On small perturbations of the set of zeros of functions of sine type

A function of sine type means an entire function $S(z)$ of exponential type $\sigma>\nobreak0$, satisfying the condition $0<C_1\leqslant|S(z)|e^{-\sigma|\operatorname{Im}z|}\leqslant C_2<\infty$ outside some strip $|\operatorname{Im}z|<\nobreak H$. With the normalization $S(0)=1$ these functions can be represented in the form
\begin{equation} S(z)=\lim_{R\to\infty}\prod_{|\lambda_k|<R}(1-z\lambda_k^{-1}). \end{equation}
Let $\widetilde S(z)$ denote the function obtained from $S(z)$ by replacing $\lambda_k$ by $\lambda_k+\psi_k$ in (1), where $\{\psi_k\}$ is a bounded sequence.
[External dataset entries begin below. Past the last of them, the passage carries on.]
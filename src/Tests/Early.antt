-- ===== src/Tests/Early.antt =====
-- The theorems on a video encoder that was not opened or not given a queue, and on parameter sets that
-- are too long, at concrete inputs.
use android_study_rtmp_avcod.Common.{
  ◌≡◌, ◌≢◌, ◌⊎◌, refl, false, some, [], ◌∷◌, arith, done, fault, null_pointer, out_of_bounds,
}
use android_study_rtmp_avcod.VideoEncode.{
  Opening, Params, VideoEncode, open_and_ready, not_open, init_and_open, planes_of,
  new_video_encode,
}
use android_study_rtmp_avcod.VideoEncode.Queueing.{begin_frame, locals, queue_nal, encode_data}
use android_study_rtmp_avcod.VideoEncode.Contract.{Sps, sps, pps, nal_of}
use android_study_rtmp_avcod.VideoEncode.Ready.{Configures, opening_calls, init_and_open_answers}
use android_study_rtmp_avcod.VideoEncode.Sets.{queue_nal_overflows}
use android_study_rtmp_avcod.AudioEncode.{calloc}
use android_study_rtmp_avcod.Tests.{zeros, ticks, shared}
use android_study_rtmp_avcod.Tests.Encoder.{recorder, makes}

abbrev fails_to_open : Opening
fails_to_open = record { opened = false; planes = some (planes_of [] [] []) }

init_and_open_answers_example :
    (e : VideoEncode) × (p : Params) × (init_and_open fails_to_open 2 2 30 4096 new_video_encode
      ≡ done (not_open, e))
    × Configures 2 2 30 4096 p
    × (e.calls ≡ opening_calls false 2 2 p)
    × (((not_open ≡ open_and_ready)
          × (begin_frame makes (1 ∷ 2 ∷ 3 ∷ 4 ∷ 5 ∷ 6 ∷ []) e
              ≡ done (
                makes (planes_of (1 ∷ 2 ∷ 3 ∷ 4 ∷ []) (5 ∷ []) (6 ∷ [])),
                record e { input = some (planes_of (1 ∷ 2 ∷ 3 ∷ 4 ∷ []) (5 ∷ []) (6 ∷ [])) },
              )))
        ⊎ ((not_open ≢ open_and_ready)
            × (encode_data zeros ticks makes
                  (locals (calloc 100) (calloc 100))
                  (1 ∷ 2 ∷ 3 ∷ 4 ∷ 5 ∷ 6 ∷ [])
                  (e, shared)
                ≡ fault null_pointer)))
init_and_open_answers_example =
    init_and_open_answers fails_to_open 2 2 30 4096 new_video_encode zeros ticks makes
      (locals (calloc 100) (calloc 100)) (1 ∷ 2 ∷ 3 ∷ 4 ∷ []) (5 ∷ []) (6 ∷ []) [] shared
      (omega arith) (omega arith) refl refl refl

abbrev long_sps : Sps
long_sps = record { first = 0x67; profile = 66; compatibility = 0; level = 31; rest = calloc 97 }

queue_nal_overflows_example :
    (queue_nal zeros ticks
        (nal_of (sps long_sps))
        (locals (calloc 100) (calloc 100), (recorder, shared))
      ≡ fault out_of_bounds)
    × (queue_nal zeros ticks
          (nal_of (pps (calloc 101)))
          (locals (calloc 100) (calloc 100), (recorder, shared))
        ≡ fault out_of_bounds)
queue_nal_overflows_example =
    queue_nal_overflows zeros ticks long_sps (calloc 101) (locals (calloc 100) (calloc 100))
      (recorder, shared) refl refl (omega arith) (omega arith)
In this paper necessary and sufficient conditions on $\{\psi_k\}$ are found, under which $\widetilde S(z)$ is also a function of sine type. Expressions for $\widetilde S(z)$ in terms of $S(z)$ are obtained in the case where $\psi_k=a_1\lambda_k^{-1}+\dots+a_n\lambda_k^{-n}+b_k\lambda_k^{-n}$, where $\{b_k\}\in L^p$, $p>1$.
Bibliography: 9 titles.